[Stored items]

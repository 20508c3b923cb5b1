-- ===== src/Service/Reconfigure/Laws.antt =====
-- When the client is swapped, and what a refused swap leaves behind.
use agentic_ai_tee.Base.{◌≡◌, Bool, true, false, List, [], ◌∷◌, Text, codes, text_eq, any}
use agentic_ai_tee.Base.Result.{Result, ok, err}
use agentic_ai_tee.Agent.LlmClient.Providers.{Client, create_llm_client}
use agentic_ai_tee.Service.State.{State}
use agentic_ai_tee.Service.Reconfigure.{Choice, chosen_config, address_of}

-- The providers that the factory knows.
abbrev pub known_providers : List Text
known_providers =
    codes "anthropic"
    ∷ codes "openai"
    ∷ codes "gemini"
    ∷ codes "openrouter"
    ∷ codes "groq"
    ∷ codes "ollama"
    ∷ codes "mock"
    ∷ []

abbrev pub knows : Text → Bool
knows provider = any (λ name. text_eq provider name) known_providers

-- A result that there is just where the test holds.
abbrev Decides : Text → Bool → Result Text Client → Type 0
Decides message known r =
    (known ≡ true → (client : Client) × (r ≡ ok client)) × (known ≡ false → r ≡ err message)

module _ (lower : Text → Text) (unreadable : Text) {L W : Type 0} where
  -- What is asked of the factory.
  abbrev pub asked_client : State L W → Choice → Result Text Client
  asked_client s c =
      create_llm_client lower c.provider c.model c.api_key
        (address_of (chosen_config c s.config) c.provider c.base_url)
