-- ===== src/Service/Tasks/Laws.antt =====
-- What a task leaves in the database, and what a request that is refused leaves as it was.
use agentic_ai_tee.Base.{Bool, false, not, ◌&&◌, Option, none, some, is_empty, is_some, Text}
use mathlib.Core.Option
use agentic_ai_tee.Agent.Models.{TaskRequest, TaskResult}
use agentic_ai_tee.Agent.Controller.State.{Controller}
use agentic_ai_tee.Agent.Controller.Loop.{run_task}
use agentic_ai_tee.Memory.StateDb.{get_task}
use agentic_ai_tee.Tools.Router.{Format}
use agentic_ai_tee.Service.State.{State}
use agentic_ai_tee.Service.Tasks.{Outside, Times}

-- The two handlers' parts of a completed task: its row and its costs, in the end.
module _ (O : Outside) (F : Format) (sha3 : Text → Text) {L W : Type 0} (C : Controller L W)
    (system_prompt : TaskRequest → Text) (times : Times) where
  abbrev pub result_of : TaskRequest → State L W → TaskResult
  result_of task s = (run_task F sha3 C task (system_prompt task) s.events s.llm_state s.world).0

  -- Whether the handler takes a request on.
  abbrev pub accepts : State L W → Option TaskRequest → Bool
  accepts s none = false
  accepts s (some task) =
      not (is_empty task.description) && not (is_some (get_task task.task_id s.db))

## What is being asked
Find the word "refused" in the records and pull out each line that has it.

## Exercise answer
-- When the client is swapped, and what a refused swap leaves behind.
-- What a task leaves in the database, and what a request that is refused leaves as it was.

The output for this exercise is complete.